Currently, a call for “Islam moderat” (moderate Islam) has received renewed significance in Indonesia and its neighbouring countries, the world’s biggest Muslim-majority regions. Throughout these regions, Muslims standing in academic forums, government offices, religious buildings, coffee-shops and (social) media talks, have argued for the significance of behaving, showing and promoting an Islam that is taking a middle path, often referred to as the wasatiyah Islam, or more popularly known the moderate Islam.

To an extent, their clamorous call for moderate Islam can be seen as a response to the increasing number of Muslims in the regions and around the globe, who do not longer show the tolerant and smiling faces of Islam, but choose to interpret Islam as a religion that is exclusive, strictly-fundamental, and permissive to the use of violence (Bruinessen 2014). The 9/11 attacks and other violent actions involving Muslims as the confirmed perpetrators are proved to be causing more damages to Islam and Muslims themselves rather than to others. Example of such damage is the growing assumption around the world that Islam is synonymous with terrorism. Indonesia and the Malay world in general are assumed to be the home for ‘laid-back’ Muslims, referring to the ways in which Islamic teachings are casually practiced in daily lives. The rise of strict and violent Islam in Southeast Asia and elsewhere has in turn encouraged many in the regions to speak about showing and promoting the moderate nature of Southeast Asian Islam: as it is how the Malay Muslims have identified themselves for centuries.

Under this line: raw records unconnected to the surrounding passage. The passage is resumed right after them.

-- ===== src/Reconciler/Network.antt =====
-- pkg/reconciler/service.go and networkpolicy.go: the service of a cluster, and who may connect to its pods.
-- The references to the owner are left out.
use aerospike_operator.Prelude.{ℕ, List, [], ◌∷◌, Text, codes, Result, ok, err}
use aerospike_operator.Action.{Action, request, attempt, pure, raise, ◌>>=◌}
use aerospike_operator.Api.{
  AerospikeCluster, Kube, ApiError, not_found, already_exists, other_error,
}
use aerospike_operator.Pods.Platform.{label_app_key, label_app_val, label_cluster_key}

abbrev pub service_port : ℕ
service_port = 3000

abbrev pub fabric_port : ℕ
fabric_port = 3001

abbrev pub heartbeat_port_number : ℕ
heartbeat_port_number = 3002

abbrev pub info_port : ℕ
info_port = 3003

abbrev pub asprom_port : ℕ
asprom_port = 9145

pub data Protocol : Type 0 where
  tcp udp : Protocol

-- A selector by labels. No peers are all peers.
pub record Rule : Type 0 where
  pub peers : List (List (Text × Text))
  pub ports : List (Protocol × ℕ)

pub record NetworkPolicy : Type 0 where
  pub name : Text
  pub namespace : Text
  pub labels : List (Text × Text)
  pub pod_selector : List (Text × Text)
  pub ingress : List Rule
  pub egress : List Rule

pub record Service : Type 0 where
  pub name : Text
  pub namespace : Text
  pub labels : List (Text × Text)
  pub selector : List (Text × Text)
  pub ports : List (Text × ℕ)
  pub cluster_ip : Text

module _ {k : Kube} (cluster : AerospikeCluster k) where
  abbrev pub cluster_labels : List (Text × Text)
  cluster_labels = (label_app_key, label_app_val) ∷ (label_cluster_key, cluster.name) ∷ []

  abbrev pub between_pods : Rule
  between_pods = record {
    peers = cluster_labels ∷ [];
    ports = (tcp, fabric_port) ∷ (tcp, heartbeat_port_number) ∷ [];
  }

  abbrev pub open_ports : Rule
  open_ports = record {
    peers = [];
    ports = (tcp, service_port) ∷ (tcp, info_port) ∷ (tcp, asprom_port) ∷ [];
  }

  abbrev pub name_lookup : Rule
  name_lookup = record { peers = []; ports = (tcp, 53) ∷ (udp, 53) ∷ [] }

  abbrev pub policy_of : NetworkPolicy
  policy_of = record {
    name = cluster.name;
    namespace = cluster.namespace;
    labels = cluster_labels;
    pod_selector = cluster_labels;
    ingress = between_pods ∷ open_ports ∷ [];
    egress = between_pods ∷ name_lookup ∷ [];
  }

  abbrev pub service_of : Service
  service_of = record {
    name = cluster.name;
    namespace = cluster.namespace;
    labels = cluster_labels;
    selector = cluster_labels;
    ports =
        (codes "service", service_port)
        ∷ (codes "heartbeat", heartbeat_port_number)
        ∷ (codes "prometheus", asprom_port)
        ∷ [];
    cluster_ip = codes "None";
  }

-- What is there already is kept as it is.
abbrev pub unless_exists :
    {S W : Type 0} → Result ApiError (Unit {0}) → Action S W ApiError (Unit {0})
unless_exists (ok u) = pure tt
unless_exists (err already_exists) = pure tt
unless_exists (err not_found) = raise not_found
unless_exists (err (other_error e)) = raise (other_error e)

pub data NetworkEffect : Type 0 where
  create_service : Service → NetworkEffect
  create_policy : NetworkPolicy → NetworkEffect

module _ {S : Type 0} {k : Kube} where
  unfoldable pub ensure_service :
      (Service → S → Result ApiError (Unit {0}) × S)
      → AerospikeCluster k
      → Action S NetworkEffect ApiError (Unit {0})
  ensure_service post cluster =
      attempt (request (create_service (service_of cluster)) (post (service_of cluster)))
      >>= unless_exists

  unfoldable pub ensure_network_policy :
      (NetworkPolicy → S → Result ApiError (Unit {0}) × S)
      → AerospikeCluster k
      → Action S NetworkEffect ApiError (Unit {0})
  ensure_network_policy post cluster =
      attempt (request (create_policy (policy_of cluster)) (post (policy_of cluster)))
      >>= unless_exists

However, the call for religious moderation comes in the regions with some complications. Firstly, it tends to be directed only to Muslim societies as if religious extremism is an enterprise exclusive to Islam, and does not exist in other religions and civilizations. Such tendency misleads the fact that problems of extremism can occur in any religion, culture, and society. Therefore, the call for moderate Islam should be revisited as part of the global effort to establish “religious moderation”, involving societies of all ethnics, cultures, and faiths. In this regard, we need to seek the roots of religious moderation in Muslim societies (especially in Southeast Asia), as well as its resonances and interactions with both local and global politics and cultures.

Secondly, the term is often political. While there is an agreement that moderation is the core teaching of Islam, Muslim groups of different ideologies are in contention when it comes to defining “what-is-and-is-not-about-moderate-Islam”. It is common among Muslims of different political aspirations, for example, to label each other as being either extremists or liberals. This is not to mention the role of the ruling government in shaping Muslim public debates on religious moderation.  Considering this fact, we need to question, among others, how do the foundational texts of Islam talk about moderation, and how as such is interpreted differently among Muslims of various backgrounds and in divergent socio-political contexts? How and to what extent has the ruling governments in Southeast Asian countries played their roles in shaping or influencing Muslims’ conceptions about moderation?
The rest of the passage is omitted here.